Q: So. TatterJack? Or is that Tatter Jack? Which one's right?   
A: Technically it's TatterJack. But a number of places you can buy books, especially in America and especially online, insist on the author having a first and last name. So Tatter Jack goes on the covers.

Q: OK. So let's go with Tatter Jack for now, in case some web crawler's, um, crawling here. Who is he?   
A: Tatter Jack? He's me. Well, like I said on the front page, he's me when I'm not being other me-s. He's male (which he sort of has to be to be a 'he', right?). He's mumblety-mumble years old. Well, he is unless I haven't updated this page in a while - in which case he's mumblety-mumble-plus . And he's a grumpy old bugger. I'd apologise - but I probably wouldn't mean it .

Q: Er, I see. I think. Actually, no. I don't. Aren't people who write about sex supposed to tell people how they're, like, young and hot, and know everything there is to know about, well, about being hot?   
A: Buggered if I know . There's rocks round here called me granfer when they was mountains, so I can't really claim young. As to writing about sex - I don't. I write about people. Who, believe it or not, sometimes - OK, fairly often - have sex in things I write. I'm told people do it (see what I did there?) in the real world too.

Q: OK. So you write erotica, but...   
A: No.

Q: Er - say what? It says right there on your front page that you...   
A: Yes. I know. I'm sorry. That's the Great Sin of Marketing(tm). You sort of have to get certain words in, and 'erotica' is one of them. But really, I don't think you can. Or rather, I don't think I can. Write erotica, I mean. To me, erotica's a bit like humour. Just because it's got hard nipples in doesn't make it erotic. After all, it might just be a description of Michelangelo's David. And like humour, one guy's Mary is another girl's Jane. So words that make one person hot, to someone else can be just tab A in Slot B (yes, Jones Minor. I can see you sniggering at the back. See  me after class.) So for me, you can't write erotica - only read it.
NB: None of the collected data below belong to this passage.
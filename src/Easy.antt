-- ===== src/Easy.antt =====
-- The state of a Curl::Easy: ruby_curl_easy of ext/curb_easy.h, with its `opts` hash (Easy.Options)
-- passed on. Ruby objects and libcurl handles are numbers; a missing entry, Qnil and
-- NULL are `none`. ruby_curl_easy_zero gives every field its first value.
pub mod Options
pub mod Callbacks
pub mod Attributes
pub mod Symbols
pub mod Accessors
pub mod Body
pub mod Stream
pub mod Lifecycle
use curb.Base.{ℕ, Bool, true, false, Option, none, List, [], Bytes}
use curb.Base.Int.{ℤ, pos, negsuc}
use curb.Ruby.{Exn}
use curb.Network.Cidr.{CidrRule}
pub use Options.*

-- CURB_NETWORK_POLICY_NONE and CURB_NETWORK_POLICY_PUBLIC
pub data NetworkPolicy : Type 0 where
  policy_none policy_public : NetworkPolicy

pub record Easy : Type 0 where
  pub curl : Option ℕ
  pub err_buf : Bytes
  pub unsafe_destination_error : Bytes
  pub self : Option ℕ
  pub opts : Opts
  pub multi : Option ℕ
  pub callback_error : Option Exn
  pub local_port : ℕ
  pub local_port_range : ℕ
  pub proxy_port : ℕ
  pub proxy_type : ℤ
  pub http_auth_types : ℤ
  pub proxy_auth_types : ℤ
  pub max_redirs : ℤ
  pub timeout : ℕ
  pub timeout_ms : ℕ
  pub connect_timeout : ℕ
  pub connect_timeout_ms : ℕ
  pub dns_cache_timeout : ℤ
  pub ftp_response_timeout : ℕ
  pub low_speed_limit : ℤ
  pub low_speed_time : ℤ
  pub max_send_speed_large : ℤ
  pub max_recv_speed_large : ℤ
  pub ssl_version : ℤ
  pub use_ssl : ℤ
  pub ftp_filemethod : ℤ
  pub http_version : ℤ
  pub resolve_mode : ℕ
  pub network_policy : NetworkPolicy
  pub proxy_tunnel : Bool
  pub fetch_file_time : Bool
  pub ssl_verify_peer : ℕ
  pub ssl_verify_host : ℤ
  pub header_in_body : Bool
  pub use_netrc : Bool
  pub follow_location : Bool
  pub unrestricted_auth : Bool
  pub verbose : Bool
  pub multipart_form_post : Bool
  pub enable_cookies : Bool
  pub cookielist_engine_enabled : Bool
  pub ignore_content_length : Bool
  pub callback_active : Bool
  pub unsafe_destination_blocked : Bool
  pub allow_proxy : Bool
  pub allow_unix_socket : Bool
  pub forbid_reuse_set : Bool
  pub native_active : ℕ
  pub forbid_reuse : ℤ
  pub curl_headers : List Bytes
  pub curl_proxy_headers : List Bytes
  pub curl_ftp_commands : List Bytes
  pub curl_resolve : List Bytes
  pub curl_connect_to : List Bytes
  -- with their counts, which are the lengths; NULL is the empty list
  pub network_allowed_cidr_rules : List CidrRule
  pub network_allowed_hosts : List Bytes
  pub multi_attachment_generation : ℕ
  pub downloaded_body_bytes : ℕ
  pub last_result : ℕ

-- ruby_curl_easy_zero: it leaves `curl`, `multi`, the attachment generation and the downloaded
-- bytes as they are. The arguments are libcurl's CURL_HTTP_VERSION_NONE and
-- CURL_IPRESOLVE_WHATEVER.
unfoldable pub zero : ℤ → ℕ → Easy → Easy
zero http_version_none ipresolve_whatever e = record e {
  err_buf = [];
  unsafe_destination_error = [];
  self = none;
  opts = no_opts;
  callback_error = none;
  local_port = 0;
  local_port_range = 0;
  proxy_port = 0;
  proxy_type = negsuc 0;
  http_auth_types = pos 0;
  proxy_auth_types = pos 0;
  max_redirs = negsuc 0;
  timeout = 0;
  timeout_ms = 0;
  connect_timeout = 0;
  connect_timeout_ms = 0;
  dns_cache_timeout = pos 60;
  ftp_response_timeout = 0;
  low_speed_limit = pos 0;
  low_speed_time = pos 0;
  max_send_speed_large = pos 0;
  max_recv_speed_large = pos 0;
  ssl_version = negsuc 0;
  use_ssl = negsuc 0;
  ftp_filemethod = negsuc 0;
  http_version = http_version_none;
  resolve_mode = ipresolve_whatever;
  network_policy = policy_none;
  proxy_tunnel = false;
  fetch_file_time = false;
  ssl_verify_peer = 1;
  ssl_verify_host = pos 2;
  header_in_body = false;
  use_netrc = false;
  follow_location = false;
  unrestricted_auth = false;
  verbose = false;
  multipart_form_post = false;
  enable_cookies = false;
  cookielist_engine_enabled = false;
  ignore_content_length = false;
  callback_active = false;
  unsafe_destination_blocked = false;
  allow_proxy = false;
  allow_unix_socket = false;
  forbid_reuse_set = false;
  native_active = 0;
  forbid_reuse = pos 0;
  curl_headers = [];
  curl_proxy_headers = [];
  curl_ftp_commands = [];
  curl_resolve = [];
  curl_connect_to = [];
  network_allowed_cidr_rules = [];
  network_allowed_hosts = [];
  last_result = 0;
}
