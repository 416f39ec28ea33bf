-- ===== src/Easy/Accessors.antt =====
-- Attributes of an easy that are kept as they are given: on or off, procs, and objects of its opts; the
-- macros of ext/curb_macros.h and the methods of ext/curb_easy.c made of them.
pub mod Flags
pub mod Handlers
pub mod Texts
pub mod Objects
pub mod Last
use curb.Base.{ℕ, zero, suc, ◌==◌, ◌<◌, ◌≡◌, refl, List, [], ◌∷◌, length, if◌then◌else◌, arith}

-- An entry of a table, with what stands for one that is not there.
abbrev pub entry {ℓ} : {A : Type ℓ} → A → List A → ℕ → A
entry none_there [] i = none_there
entry none_there (x ∷ xs) zero = x
entry none_there (x ∷ xs) (suc i) = entry none_there xs i

abbrev pub replace {ℓ} : {A : Type ℓ} → List A → ℕ → A → List A
replace [] i y = []
replace (x ∷ xs) zero y = y ∷ xs
replace (x ∷ xs) (suc i) y = x ∷ replace xs i y

pub entry-replace {ℓ} :
    {A : Type ℓ} (none_there : A) (xs : List A) (i j : ℕ) (y : A)
    → j < length xs
    → entry none_there (replace xs j y) i ≡ (if i == j then y else entry none_there xs i)
entry-replace none_there [] i j y below = absurd (omega arith)
entry-replace none_there (x ∷ xs) zero zero y below = ground arith
entry-replace none_there (x ∷ xs) (suc i) zero y below = ground arith
entry-replace none_there (x ∷ xs) zero (suc j) y below = ground arith
entry-replace none_there (x ∷ xs) (suc i) (suc j) y below =
    let rest = entry-replace none_there xs i j y (omega arith) in ground (arith, rest)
Q: So, without being funny, erotica is like humour?   
A: Oh, I hope it can be funny. Or at least amusing. After all, when you think about it, pretty much all of sex is pretty damn ridiculous. And that's sort of what I want you to do. When you read things Tatters has written, I mean. Think about sex. Laughter? That's a bone... ahem. I mean, a bonus.

Q: So you write about 'it', so your readers will, um, think about 'doing'? Is that it?   
A: Not necessarily. In fact, if a writer can make you think about doing it without anyone in the writing, um, 'doing',  that's pretty cool, yes?

Q: I suppose so. Have you ever done that? Written something without, um, 'it', that got readers thinking 'it'?   
A: Buggered if I know. Oh. Right. We did that already. But I am. Buggered if I know. You'd have to ask them. My readers, I mean. Or maybe read some of what I've written yourself, then you tell me.

Q: I see. Or I don't. One of those, anyway. Maybe I'd better go read some of your stories, and find out. So what should I do if I read, and I come...   
A: Oh dear. You're going to give Jones Minor a heart attack you know.

Q: ... what should I do if I come up with more questions?   
A: Well, there's a contact form at the top of the page. It's the button marked 'Contact Tatters'. I know - crazy, huh? Feel free to e-male me. Yes, or fe-male me. Or non-binary-me if you'd prefer . We're not genderist here, ol' Tatter an' me .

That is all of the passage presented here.